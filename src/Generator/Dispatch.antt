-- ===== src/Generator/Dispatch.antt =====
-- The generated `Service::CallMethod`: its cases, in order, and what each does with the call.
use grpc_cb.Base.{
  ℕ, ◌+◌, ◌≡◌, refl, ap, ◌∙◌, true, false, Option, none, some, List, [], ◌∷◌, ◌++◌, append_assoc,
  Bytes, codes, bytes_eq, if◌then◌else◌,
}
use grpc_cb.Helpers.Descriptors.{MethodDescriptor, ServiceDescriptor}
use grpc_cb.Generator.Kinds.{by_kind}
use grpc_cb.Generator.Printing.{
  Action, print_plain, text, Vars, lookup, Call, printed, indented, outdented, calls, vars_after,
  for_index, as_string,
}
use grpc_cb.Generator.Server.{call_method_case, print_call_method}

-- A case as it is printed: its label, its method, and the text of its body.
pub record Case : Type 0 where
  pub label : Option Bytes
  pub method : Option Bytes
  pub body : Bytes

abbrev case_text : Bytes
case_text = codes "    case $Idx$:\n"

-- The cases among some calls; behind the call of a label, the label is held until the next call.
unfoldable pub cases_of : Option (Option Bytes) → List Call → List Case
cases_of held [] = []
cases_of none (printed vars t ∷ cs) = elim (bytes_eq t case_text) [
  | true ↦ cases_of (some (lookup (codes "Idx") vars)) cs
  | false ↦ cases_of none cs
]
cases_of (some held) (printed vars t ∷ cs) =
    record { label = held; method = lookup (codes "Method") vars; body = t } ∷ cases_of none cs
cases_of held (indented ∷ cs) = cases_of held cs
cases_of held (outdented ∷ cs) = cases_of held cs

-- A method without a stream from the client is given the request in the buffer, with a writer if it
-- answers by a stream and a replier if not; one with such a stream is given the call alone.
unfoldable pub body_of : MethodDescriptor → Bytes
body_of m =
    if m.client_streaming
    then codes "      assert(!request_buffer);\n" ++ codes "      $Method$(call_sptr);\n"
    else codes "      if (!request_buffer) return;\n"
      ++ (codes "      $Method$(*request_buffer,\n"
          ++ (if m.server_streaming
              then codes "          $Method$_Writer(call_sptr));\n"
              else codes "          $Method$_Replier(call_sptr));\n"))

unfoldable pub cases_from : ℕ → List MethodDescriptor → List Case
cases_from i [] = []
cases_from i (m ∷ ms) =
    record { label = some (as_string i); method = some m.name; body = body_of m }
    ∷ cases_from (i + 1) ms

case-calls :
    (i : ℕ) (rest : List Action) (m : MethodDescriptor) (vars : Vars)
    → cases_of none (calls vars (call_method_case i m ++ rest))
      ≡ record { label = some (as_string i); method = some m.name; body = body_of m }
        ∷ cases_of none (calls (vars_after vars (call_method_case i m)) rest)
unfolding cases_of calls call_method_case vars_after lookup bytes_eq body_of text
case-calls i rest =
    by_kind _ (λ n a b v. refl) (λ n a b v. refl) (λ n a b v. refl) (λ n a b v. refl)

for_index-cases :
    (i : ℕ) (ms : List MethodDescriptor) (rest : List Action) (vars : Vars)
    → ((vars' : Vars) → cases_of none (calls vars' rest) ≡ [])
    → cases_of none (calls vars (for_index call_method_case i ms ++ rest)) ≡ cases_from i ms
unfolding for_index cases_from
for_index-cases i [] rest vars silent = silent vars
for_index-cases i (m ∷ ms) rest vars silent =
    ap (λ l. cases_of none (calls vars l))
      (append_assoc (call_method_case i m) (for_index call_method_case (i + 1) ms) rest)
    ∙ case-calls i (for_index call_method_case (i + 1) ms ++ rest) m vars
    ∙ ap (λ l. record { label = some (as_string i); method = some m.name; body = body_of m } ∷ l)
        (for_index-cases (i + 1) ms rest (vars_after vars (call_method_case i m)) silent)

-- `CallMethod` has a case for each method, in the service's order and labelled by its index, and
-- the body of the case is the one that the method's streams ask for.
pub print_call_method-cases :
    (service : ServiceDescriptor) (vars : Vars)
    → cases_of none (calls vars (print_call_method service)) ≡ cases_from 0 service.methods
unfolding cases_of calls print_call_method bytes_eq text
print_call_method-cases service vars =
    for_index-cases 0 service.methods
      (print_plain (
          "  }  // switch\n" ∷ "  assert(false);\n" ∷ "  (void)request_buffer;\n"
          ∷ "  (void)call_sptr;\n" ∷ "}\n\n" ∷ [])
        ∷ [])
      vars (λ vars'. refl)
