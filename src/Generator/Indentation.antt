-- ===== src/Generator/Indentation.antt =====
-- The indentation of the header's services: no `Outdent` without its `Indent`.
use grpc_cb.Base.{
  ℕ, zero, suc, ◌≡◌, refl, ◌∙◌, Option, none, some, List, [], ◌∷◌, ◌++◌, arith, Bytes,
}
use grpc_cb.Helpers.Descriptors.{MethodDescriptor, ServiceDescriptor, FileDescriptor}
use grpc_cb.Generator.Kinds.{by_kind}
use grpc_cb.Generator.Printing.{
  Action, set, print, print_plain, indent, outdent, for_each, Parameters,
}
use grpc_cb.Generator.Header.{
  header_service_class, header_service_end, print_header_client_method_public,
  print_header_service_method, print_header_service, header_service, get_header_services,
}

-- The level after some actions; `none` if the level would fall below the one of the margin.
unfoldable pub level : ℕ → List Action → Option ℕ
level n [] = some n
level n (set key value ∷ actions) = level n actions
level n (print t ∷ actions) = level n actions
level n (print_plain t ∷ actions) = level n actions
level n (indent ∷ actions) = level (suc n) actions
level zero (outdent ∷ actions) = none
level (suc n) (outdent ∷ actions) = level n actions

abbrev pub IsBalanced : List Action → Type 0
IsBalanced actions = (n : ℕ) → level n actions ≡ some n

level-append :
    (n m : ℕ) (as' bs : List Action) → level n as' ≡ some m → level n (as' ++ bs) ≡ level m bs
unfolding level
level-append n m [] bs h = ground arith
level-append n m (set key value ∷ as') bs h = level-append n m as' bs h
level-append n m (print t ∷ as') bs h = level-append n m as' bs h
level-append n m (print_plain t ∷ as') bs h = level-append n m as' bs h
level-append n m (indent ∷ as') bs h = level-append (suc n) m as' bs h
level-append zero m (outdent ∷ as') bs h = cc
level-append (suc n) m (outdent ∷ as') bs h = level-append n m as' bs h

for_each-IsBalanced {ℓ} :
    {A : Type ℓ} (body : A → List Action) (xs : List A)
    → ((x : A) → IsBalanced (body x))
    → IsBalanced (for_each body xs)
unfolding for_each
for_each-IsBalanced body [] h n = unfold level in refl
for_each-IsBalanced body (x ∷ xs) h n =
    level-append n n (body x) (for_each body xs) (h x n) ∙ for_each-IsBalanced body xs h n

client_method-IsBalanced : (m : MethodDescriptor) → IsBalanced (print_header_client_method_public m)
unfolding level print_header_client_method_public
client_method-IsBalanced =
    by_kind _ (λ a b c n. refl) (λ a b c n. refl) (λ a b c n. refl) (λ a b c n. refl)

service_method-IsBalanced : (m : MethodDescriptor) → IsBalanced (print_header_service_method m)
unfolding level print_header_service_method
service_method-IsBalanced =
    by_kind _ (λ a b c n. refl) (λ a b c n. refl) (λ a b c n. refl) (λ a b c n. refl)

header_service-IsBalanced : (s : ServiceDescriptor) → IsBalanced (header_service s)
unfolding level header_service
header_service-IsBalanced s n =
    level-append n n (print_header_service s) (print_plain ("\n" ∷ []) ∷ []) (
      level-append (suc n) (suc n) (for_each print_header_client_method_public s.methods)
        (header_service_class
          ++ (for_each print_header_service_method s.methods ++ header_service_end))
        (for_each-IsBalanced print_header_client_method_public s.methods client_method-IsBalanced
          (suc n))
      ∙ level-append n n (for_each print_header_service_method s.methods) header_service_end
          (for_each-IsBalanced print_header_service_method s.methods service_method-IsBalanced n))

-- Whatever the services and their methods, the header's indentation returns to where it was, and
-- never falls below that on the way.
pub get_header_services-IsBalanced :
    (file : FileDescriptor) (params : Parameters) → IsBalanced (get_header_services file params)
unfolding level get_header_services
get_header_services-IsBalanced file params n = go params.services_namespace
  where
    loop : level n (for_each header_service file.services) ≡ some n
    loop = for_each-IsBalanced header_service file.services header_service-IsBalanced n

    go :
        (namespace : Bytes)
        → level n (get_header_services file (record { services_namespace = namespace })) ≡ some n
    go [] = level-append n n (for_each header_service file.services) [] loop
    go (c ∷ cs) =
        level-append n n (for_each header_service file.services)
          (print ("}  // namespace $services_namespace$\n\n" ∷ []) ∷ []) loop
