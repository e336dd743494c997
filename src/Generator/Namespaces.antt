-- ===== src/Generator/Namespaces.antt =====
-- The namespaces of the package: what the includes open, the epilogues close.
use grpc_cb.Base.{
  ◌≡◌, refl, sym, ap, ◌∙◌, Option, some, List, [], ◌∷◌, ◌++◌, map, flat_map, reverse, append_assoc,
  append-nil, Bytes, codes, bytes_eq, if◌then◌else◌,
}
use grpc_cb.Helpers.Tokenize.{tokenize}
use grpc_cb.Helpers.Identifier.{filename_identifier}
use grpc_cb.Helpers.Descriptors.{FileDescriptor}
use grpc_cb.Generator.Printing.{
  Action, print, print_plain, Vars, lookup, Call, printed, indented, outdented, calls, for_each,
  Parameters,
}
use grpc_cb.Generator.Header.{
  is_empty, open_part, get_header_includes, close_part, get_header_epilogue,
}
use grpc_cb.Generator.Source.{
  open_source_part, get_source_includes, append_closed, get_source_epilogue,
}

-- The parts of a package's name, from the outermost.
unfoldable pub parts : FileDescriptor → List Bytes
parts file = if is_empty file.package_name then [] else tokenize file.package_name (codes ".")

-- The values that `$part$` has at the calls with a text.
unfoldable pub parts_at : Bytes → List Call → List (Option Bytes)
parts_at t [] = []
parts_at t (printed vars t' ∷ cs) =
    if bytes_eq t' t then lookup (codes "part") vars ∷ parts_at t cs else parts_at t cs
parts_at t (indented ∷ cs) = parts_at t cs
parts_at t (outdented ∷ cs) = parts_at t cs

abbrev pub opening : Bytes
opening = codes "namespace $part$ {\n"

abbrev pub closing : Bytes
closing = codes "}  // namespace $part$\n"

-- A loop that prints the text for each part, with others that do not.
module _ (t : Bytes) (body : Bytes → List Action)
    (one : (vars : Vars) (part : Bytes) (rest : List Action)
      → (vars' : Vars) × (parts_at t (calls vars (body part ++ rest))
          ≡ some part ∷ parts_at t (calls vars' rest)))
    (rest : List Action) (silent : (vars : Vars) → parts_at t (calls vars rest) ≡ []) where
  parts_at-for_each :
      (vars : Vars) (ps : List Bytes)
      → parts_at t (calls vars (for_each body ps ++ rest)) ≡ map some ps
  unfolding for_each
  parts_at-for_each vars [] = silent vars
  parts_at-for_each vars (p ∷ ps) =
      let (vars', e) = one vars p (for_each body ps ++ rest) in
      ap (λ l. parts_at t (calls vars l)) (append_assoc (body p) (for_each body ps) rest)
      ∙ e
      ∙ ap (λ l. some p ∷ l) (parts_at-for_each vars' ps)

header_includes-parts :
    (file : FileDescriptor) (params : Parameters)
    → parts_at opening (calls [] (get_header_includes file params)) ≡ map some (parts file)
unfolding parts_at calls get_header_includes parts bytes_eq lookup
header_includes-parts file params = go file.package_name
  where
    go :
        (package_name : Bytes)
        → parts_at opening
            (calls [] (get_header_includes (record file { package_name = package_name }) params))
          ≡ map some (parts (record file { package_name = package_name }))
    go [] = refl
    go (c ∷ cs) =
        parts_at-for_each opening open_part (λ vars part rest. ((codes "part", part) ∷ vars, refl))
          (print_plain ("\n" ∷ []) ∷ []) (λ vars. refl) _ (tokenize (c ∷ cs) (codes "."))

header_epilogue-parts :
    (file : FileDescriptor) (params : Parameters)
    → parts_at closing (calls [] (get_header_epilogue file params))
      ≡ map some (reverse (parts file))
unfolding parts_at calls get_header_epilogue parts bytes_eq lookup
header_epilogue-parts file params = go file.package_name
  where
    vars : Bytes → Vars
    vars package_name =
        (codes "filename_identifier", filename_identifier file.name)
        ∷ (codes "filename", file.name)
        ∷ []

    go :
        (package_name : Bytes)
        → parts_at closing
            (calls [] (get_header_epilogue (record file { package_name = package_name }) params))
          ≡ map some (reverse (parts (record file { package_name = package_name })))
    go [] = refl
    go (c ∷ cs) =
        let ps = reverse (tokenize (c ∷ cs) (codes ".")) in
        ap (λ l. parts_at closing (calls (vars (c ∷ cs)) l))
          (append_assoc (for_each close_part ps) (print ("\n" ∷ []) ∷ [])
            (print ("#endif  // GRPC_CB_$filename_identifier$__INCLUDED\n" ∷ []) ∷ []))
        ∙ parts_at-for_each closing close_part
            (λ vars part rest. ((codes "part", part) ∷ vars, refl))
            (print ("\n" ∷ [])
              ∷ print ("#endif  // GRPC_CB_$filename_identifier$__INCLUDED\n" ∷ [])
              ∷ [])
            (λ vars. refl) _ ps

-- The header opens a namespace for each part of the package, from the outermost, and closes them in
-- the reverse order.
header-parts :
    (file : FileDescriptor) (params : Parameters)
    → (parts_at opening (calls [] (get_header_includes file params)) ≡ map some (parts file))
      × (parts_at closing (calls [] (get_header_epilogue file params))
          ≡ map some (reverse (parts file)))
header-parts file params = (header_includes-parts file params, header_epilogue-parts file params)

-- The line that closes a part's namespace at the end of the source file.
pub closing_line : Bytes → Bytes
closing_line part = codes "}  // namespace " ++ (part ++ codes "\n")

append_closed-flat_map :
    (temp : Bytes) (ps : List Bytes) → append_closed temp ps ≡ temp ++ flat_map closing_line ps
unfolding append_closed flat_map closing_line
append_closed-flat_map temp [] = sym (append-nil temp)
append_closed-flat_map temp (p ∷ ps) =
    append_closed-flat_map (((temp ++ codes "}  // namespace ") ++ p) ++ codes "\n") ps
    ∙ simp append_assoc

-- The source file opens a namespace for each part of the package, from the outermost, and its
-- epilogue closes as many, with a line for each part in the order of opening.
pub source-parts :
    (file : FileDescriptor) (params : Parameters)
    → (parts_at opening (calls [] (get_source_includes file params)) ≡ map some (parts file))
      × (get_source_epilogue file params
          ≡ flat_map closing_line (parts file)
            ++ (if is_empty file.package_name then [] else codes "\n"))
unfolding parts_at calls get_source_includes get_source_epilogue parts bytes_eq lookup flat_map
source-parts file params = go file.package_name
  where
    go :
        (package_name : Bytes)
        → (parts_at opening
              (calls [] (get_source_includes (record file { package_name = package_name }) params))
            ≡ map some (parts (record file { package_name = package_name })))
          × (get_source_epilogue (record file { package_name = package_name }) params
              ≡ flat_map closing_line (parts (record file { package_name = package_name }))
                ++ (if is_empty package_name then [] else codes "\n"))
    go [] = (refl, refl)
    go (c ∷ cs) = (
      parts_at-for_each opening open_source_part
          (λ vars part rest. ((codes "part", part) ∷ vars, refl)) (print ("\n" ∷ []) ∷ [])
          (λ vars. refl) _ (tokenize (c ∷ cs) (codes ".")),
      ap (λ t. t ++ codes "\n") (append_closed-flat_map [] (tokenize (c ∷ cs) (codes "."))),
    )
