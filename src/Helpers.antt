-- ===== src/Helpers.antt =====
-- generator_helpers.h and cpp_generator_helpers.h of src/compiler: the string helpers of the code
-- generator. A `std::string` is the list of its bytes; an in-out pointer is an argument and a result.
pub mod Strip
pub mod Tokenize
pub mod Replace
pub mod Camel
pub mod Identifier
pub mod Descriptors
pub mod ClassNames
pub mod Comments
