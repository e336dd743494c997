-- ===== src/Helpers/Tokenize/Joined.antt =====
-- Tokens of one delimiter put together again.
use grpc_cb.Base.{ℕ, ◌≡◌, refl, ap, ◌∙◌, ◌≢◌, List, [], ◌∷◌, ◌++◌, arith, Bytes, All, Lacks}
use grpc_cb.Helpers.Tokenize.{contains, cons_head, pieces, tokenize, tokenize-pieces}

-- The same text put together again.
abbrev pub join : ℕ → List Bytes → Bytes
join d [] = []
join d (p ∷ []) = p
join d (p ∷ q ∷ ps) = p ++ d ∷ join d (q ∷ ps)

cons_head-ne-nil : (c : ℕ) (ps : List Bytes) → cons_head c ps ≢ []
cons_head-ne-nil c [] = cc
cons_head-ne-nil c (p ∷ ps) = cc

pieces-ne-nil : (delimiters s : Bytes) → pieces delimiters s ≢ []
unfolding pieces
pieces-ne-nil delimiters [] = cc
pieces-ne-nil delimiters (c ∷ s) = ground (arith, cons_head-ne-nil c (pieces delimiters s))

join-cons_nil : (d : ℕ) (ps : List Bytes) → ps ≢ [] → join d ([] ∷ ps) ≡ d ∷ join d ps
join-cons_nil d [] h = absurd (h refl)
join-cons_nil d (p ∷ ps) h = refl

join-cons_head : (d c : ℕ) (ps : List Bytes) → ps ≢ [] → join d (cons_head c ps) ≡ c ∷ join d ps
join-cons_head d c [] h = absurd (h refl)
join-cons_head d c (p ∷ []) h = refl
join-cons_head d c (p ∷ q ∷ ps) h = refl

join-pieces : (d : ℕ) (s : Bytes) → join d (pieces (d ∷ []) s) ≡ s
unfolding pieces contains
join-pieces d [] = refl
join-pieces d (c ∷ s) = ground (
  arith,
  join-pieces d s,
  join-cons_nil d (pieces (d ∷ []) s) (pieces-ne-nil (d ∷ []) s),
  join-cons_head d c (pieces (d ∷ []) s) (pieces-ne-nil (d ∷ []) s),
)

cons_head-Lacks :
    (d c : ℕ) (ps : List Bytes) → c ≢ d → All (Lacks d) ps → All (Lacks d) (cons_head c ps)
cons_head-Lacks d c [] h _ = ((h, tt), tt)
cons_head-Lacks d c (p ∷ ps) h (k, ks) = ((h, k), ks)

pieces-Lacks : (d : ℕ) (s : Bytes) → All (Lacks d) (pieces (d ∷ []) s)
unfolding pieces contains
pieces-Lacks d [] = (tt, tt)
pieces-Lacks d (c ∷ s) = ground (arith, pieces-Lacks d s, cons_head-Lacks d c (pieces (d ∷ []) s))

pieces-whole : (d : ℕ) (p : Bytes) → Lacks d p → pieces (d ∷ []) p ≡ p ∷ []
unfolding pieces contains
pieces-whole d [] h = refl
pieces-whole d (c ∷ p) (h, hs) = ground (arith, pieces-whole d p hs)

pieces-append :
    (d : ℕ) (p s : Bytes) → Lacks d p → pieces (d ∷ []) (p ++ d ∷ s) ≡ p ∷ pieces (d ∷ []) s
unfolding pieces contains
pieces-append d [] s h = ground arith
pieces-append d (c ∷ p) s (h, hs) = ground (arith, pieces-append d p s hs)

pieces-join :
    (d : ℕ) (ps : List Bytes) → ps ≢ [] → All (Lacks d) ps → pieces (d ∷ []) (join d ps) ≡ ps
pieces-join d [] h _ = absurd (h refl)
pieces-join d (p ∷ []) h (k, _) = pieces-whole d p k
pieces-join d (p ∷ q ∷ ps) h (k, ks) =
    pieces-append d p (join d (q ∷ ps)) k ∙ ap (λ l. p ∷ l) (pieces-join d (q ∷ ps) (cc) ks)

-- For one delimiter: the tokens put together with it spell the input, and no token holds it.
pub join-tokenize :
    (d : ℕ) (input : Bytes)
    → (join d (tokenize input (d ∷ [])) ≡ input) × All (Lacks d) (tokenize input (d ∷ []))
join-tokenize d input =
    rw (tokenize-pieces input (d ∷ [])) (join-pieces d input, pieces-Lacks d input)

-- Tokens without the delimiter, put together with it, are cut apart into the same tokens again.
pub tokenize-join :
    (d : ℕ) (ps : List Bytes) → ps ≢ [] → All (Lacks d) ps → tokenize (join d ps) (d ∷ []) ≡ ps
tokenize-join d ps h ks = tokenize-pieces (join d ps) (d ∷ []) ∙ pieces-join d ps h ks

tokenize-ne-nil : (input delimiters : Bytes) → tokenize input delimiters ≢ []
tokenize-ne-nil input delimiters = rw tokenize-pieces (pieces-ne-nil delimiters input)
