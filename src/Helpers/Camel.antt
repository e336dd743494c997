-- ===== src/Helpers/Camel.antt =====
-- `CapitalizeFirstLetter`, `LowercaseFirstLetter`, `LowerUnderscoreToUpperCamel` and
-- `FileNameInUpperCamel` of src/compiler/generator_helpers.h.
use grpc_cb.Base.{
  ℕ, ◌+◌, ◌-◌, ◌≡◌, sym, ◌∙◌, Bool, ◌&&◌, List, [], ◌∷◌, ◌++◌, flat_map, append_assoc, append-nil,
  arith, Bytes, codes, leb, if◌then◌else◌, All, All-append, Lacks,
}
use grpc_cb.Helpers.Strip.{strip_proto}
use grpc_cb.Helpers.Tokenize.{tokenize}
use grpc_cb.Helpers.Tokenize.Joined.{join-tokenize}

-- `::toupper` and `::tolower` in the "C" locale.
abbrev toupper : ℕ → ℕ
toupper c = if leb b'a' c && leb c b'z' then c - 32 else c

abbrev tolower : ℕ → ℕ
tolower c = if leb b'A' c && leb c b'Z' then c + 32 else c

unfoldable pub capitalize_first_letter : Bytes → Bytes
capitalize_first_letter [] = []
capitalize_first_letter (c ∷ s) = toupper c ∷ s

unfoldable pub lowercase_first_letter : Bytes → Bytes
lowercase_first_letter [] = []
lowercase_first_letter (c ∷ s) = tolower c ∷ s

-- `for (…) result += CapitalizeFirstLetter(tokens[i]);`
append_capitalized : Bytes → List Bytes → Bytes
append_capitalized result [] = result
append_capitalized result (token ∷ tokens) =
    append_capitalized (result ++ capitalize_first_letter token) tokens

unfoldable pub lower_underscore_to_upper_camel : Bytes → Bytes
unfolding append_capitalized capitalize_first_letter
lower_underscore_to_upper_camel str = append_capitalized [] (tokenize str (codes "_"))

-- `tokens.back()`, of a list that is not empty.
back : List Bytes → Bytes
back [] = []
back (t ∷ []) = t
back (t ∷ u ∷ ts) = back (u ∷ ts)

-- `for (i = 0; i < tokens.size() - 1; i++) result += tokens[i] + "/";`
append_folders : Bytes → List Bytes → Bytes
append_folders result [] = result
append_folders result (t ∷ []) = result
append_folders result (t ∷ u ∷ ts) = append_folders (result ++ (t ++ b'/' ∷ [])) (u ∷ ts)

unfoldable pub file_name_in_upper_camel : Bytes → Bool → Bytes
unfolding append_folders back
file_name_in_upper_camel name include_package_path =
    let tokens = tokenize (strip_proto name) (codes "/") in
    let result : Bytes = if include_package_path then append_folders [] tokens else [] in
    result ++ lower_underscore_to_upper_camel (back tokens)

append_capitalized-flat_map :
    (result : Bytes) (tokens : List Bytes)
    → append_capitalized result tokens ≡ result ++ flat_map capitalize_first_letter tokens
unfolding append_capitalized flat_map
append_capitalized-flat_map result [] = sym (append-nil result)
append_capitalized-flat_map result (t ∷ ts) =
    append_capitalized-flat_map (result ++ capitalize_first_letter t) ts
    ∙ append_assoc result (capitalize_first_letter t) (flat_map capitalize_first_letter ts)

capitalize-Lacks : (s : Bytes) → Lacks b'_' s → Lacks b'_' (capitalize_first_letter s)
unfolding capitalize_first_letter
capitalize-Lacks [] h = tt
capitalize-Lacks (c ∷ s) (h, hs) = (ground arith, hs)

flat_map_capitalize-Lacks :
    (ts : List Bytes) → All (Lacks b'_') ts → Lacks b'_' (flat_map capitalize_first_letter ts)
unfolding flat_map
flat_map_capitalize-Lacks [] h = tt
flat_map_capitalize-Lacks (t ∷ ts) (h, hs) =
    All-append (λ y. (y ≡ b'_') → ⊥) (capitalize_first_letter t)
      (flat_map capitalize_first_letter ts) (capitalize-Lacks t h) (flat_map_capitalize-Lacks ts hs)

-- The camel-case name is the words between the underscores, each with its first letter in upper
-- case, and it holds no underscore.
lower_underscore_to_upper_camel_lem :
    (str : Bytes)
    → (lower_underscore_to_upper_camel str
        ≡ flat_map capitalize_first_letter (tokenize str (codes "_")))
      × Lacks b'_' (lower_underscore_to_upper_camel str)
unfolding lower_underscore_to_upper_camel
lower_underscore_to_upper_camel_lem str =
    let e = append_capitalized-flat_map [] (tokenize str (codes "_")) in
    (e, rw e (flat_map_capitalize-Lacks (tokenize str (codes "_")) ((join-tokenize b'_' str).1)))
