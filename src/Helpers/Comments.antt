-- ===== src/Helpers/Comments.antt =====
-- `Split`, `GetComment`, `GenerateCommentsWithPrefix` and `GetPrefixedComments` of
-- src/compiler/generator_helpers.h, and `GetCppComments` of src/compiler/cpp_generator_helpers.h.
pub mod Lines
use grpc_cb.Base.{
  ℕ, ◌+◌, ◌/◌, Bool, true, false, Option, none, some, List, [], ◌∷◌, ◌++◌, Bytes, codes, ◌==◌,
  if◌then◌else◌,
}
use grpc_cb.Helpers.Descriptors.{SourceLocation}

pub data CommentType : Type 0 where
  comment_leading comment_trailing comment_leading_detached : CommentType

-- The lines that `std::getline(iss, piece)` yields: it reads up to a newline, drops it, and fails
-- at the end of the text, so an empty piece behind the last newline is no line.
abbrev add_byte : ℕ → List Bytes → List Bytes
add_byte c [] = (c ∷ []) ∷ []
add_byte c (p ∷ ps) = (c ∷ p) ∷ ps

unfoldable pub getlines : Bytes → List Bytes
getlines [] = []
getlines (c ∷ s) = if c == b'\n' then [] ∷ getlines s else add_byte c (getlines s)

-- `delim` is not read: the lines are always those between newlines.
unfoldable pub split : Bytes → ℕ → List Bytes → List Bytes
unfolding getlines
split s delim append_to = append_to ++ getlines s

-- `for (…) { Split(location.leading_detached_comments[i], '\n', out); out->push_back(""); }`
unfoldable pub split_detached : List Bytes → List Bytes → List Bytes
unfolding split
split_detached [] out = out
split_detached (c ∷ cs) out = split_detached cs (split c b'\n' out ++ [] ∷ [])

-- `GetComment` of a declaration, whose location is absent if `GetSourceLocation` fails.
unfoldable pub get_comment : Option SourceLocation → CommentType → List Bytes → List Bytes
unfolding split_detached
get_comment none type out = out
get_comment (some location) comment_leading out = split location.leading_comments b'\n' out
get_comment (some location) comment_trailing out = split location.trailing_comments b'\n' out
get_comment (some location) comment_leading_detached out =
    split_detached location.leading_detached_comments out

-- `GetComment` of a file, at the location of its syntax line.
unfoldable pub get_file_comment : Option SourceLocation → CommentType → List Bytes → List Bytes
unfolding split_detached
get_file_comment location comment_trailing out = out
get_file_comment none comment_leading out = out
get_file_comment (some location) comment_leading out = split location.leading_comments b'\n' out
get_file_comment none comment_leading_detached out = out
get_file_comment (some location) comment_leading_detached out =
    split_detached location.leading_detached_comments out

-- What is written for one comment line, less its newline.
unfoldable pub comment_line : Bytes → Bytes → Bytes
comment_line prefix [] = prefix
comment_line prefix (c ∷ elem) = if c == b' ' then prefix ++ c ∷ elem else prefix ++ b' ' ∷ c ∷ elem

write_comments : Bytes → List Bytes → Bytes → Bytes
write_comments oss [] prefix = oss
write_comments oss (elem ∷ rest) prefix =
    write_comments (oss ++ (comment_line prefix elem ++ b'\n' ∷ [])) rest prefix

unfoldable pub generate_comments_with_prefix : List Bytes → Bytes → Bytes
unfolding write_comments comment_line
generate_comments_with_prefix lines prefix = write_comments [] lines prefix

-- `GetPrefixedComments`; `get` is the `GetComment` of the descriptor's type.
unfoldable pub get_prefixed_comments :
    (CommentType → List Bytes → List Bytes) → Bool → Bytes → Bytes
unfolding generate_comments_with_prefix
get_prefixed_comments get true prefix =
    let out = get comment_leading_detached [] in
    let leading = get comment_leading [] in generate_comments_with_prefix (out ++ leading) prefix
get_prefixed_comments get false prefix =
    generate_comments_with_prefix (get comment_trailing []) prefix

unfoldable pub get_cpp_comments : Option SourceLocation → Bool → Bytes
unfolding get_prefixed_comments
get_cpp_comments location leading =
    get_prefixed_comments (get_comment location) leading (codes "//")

- [WHAT YOU SHOULD DO]
When you come to the line containing "label = held;", give it and stop; before that, repeat each line of the material exactly from the first one.

- [ANSWER FOR THE TASK]
filename src/Generator/Dispatch.antt
-- ===== src/Generator/Dispatch.antt =====
-- The generated `Service::CallMethod`: its cases, in order, and what each does with the call.
use grpc_cb.Base.{
  ℕ, ◌+◌, ◌≡◌, refl, ap, ◌∙◌, true, false, Option, none, some, List, [], ◌∷◌, ◌++◌, append_assoc,
  Bytes, codes, bytes_eq, if◌then◌else◌,
}
use grpc_cb.Helpers.Descriptors.{MethodDescriptor, ServiceDescriptor}
use grpc_cb.Generator.Kinds.{by_kind}
use grpc_cb.Generator.Printing.{
  Action, print_plain, text, Vars, lookup, Call, printed, indented, outdented, calls, vars_after,
  for_index, as_string,
}
use grpc_cb.Generator.Server.{call_method_case, print_call_method}

-- A case as it is printed: its label, its method, and the text of its body.
pub record Case : Type 0 where
  pub label : Option Bytes
  pub method : Option Bytes
  pub body : Bytes

abbrev case_text : Bytes
case_text = codes "    case $Idx$:\n"

-- The cases among some calls; behind the call of a label, the label is held until the next call.
unfoldable pub cases_of : Option (Option Bytes) → List Call → List Case
cases_of held [] = []
cases_of none (printed vars t ∷ cs) = elim (bytes_eq t case_text) [
  | true ↦ cases_of (some (lookup (codes "Idx") vars)) cs
  | false ↦ cases_of none cs
]
cases_of (some held) (printed vars t ∷ cs) =
    record { label = held; method = lookup (codes "Method") vars; body = t } ∷ cases_of none cs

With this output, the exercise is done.